*What to work on:* Report each line from the entries in which "unfolding" can be found.

** Data to use follows **

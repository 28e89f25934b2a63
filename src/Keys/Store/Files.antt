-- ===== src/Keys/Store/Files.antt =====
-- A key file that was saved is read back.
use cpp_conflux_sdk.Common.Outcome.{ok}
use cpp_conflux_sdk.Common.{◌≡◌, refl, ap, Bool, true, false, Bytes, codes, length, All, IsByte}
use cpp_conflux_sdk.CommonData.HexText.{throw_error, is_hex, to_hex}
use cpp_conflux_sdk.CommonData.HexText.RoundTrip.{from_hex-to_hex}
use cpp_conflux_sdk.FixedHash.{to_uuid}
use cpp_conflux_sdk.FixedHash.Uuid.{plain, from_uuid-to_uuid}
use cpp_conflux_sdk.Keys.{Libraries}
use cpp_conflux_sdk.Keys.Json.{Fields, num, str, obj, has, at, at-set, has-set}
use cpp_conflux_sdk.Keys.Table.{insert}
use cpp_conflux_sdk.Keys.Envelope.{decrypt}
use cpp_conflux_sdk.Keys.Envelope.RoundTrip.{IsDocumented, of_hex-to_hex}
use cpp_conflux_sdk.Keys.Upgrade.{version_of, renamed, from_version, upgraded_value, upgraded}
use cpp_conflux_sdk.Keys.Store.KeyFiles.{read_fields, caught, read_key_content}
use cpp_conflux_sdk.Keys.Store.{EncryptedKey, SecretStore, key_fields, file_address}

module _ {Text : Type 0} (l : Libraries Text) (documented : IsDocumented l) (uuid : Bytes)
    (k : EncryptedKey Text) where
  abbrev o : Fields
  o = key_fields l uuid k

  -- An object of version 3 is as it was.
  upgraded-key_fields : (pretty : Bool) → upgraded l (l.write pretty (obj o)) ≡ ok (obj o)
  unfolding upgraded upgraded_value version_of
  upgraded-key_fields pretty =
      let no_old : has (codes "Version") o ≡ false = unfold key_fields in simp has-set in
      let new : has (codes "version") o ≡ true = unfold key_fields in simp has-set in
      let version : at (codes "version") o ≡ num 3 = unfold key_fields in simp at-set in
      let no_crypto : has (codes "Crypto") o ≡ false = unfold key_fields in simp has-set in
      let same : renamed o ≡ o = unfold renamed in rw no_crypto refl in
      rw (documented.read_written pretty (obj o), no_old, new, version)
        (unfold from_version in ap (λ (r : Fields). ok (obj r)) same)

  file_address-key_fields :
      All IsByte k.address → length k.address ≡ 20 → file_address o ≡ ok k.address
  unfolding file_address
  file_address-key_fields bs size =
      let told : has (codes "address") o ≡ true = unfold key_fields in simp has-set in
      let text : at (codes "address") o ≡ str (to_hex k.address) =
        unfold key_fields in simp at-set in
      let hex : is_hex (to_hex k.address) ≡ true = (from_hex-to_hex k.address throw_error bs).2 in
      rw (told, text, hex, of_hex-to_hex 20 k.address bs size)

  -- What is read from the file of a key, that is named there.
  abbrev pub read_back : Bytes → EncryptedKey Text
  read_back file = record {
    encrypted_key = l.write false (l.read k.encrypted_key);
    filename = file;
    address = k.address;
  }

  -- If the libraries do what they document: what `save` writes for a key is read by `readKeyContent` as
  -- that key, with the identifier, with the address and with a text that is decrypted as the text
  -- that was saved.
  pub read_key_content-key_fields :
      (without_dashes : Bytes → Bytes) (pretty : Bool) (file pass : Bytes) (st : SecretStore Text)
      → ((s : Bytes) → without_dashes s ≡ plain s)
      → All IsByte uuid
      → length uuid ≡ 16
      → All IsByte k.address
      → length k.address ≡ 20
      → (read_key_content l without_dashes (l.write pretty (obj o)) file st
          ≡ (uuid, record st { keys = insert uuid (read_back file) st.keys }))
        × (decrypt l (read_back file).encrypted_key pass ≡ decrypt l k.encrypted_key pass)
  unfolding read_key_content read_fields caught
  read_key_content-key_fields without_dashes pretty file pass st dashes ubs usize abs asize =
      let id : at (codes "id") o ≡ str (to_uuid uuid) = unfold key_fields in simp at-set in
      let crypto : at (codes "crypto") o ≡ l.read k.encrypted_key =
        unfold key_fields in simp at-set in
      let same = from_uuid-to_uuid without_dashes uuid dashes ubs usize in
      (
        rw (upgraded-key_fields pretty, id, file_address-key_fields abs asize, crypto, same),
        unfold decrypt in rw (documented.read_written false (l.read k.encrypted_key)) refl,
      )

** End of Data to use **
** Data to use follows **

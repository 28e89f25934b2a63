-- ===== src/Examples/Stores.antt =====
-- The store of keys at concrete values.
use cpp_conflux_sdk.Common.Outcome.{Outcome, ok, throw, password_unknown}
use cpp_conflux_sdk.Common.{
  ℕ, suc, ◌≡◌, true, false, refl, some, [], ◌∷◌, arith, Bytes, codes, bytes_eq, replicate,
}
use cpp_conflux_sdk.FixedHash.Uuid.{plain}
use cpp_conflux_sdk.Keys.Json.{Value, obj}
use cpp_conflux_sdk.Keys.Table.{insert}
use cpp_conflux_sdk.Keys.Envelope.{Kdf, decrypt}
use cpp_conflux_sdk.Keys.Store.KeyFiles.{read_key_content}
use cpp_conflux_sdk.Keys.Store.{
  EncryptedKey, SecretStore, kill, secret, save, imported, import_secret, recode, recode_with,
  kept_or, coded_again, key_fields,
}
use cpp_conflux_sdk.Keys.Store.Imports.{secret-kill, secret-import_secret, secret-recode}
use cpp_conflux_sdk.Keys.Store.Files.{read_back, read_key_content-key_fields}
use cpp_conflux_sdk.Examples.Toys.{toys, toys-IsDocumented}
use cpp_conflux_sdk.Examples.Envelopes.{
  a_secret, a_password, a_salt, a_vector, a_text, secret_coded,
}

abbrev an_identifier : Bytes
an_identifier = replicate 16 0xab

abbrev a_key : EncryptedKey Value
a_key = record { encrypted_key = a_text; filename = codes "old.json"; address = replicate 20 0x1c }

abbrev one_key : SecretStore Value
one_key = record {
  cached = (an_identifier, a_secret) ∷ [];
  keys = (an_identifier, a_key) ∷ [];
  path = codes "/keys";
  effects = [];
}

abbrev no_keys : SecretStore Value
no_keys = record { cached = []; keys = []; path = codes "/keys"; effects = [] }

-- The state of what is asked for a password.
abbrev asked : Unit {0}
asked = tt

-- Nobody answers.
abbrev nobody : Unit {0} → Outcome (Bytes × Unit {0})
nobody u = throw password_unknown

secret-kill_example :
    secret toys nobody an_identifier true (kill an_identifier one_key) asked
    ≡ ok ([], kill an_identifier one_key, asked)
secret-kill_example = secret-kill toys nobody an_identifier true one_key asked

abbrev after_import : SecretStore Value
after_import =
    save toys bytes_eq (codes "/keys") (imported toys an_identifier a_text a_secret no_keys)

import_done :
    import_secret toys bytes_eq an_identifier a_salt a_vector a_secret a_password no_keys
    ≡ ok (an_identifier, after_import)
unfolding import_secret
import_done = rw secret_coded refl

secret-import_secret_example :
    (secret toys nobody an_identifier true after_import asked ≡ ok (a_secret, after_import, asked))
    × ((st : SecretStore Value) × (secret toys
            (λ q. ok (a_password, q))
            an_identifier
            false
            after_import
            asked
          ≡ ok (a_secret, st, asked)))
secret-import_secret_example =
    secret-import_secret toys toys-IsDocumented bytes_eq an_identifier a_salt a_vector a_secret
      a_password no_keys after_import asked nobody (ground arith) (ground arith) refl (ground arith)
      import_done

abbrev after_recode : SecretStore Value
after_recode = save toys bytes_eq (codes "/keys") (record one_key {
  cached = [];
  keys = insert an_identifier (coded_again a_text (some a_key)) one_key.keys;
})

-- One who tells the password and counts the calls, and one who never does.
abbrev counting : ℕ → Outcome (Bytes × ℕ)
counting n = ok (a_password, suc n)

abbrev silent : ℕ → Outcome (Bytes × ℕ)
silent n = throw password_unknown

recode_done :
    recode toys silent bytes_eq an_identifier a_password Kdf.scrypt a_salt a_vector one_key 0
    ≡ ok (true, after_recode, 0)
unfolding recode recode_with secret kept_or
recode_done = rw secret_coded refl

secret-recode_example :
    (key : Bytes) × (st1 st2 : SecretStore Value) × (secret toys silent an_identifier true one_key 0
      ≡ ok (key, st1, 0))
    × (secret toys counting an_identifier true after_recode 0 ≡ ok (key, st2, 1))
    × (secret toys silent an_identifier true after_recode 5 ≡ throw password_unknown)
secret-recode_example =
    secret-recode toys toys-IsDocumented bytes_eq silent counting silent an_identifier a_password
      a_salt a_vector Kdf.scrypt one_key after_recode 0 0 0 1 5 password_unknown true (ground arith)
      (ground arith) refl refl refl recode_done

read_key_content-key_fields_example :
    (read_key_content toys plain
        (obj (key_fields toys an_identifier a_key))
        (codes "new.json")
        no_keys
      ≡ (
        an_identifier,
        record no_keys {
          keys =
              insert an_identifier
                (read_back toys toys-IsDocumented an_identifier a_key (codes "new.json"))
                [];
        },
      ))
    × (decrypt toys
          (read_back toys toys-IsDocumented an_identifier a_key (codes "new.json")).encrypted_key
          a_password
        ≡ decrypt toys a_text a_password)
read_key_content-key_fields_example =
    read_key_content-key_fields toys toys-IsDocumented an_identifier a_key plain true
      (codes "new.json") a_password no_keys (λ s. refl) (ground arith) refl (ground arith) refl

** End of Data to use **
** Data to use follows **

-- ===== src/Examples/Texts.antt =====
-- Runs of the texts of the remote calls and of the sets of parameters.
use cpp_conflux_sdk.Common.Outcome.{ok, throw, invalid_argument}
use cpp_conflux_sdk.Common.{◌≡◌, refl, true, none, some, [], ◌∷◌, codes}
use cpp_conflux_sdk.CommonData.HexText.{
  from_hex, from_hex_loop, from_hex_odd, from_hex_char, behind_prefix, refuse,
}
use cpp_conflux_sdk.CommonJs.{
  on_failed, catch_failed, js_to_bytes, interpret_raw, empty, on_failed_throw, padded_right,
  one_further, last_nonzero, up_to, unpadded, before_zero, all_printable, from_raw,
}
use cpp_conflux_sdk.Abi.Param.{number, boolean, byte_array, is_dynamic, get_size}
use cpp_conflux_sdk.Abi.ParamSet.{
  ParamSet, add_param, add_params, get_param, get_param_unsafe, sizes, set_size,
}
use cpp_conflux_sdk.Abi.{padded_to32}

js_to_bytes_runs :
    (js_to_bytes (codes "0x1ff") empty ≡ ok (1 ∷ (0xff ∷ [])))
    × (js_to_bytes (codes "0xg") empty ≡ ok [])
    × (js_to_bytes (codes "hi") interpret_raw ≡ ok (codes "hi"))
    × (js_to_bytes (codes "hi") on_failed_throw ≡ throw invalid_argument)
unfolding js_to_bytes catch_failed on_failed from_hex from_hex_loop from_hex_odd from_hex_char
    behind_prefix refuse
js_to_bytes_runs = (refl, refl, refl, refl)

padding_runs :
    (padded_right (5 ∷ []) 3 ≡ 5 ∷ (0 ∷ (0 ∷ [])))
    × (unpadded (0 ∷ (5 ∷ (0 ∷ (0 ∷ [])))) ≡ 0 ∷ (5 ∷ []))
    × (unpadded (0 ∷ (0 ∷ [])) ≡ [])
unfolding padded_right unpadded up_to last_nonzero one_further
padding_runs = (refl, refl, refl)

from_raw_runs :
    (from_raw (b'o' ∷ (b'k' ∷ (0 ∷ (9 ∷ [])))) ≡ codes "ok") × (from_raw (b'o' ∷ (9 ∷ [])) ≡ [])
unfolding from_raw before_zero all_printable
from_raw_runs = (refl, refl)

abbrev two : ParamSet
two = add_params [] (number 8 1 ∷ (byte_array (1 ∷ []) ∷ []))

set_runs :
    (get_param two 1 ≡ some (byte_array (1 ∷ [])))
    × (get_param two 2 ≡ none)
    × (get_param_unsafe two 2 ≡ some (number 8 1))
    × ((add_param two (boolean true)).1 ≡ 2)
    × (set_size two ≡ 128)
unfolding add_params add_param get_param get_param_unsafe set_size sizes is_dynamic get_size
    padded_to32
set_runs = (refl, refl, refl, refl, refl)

** End of Data to use **

*Written response:*
  unfolding upgraded upgraded_value version_of
  unfolding file_address
  unfolding read_key_content read_fields caught
unfolding import_secret
unfolding recode recode_with secret kept_or
unfolding js_to_bytes catch_failed on_failed from_hex from_hex_loop from_hex_odd from_hex_char
unfolding padded_right unpadded up_to last_nonzero one_further
unfolding from_raw before_zero all_printable
unfolding add_params add_param get_param get_param_unsafe set_size sizes is_dynamic get_size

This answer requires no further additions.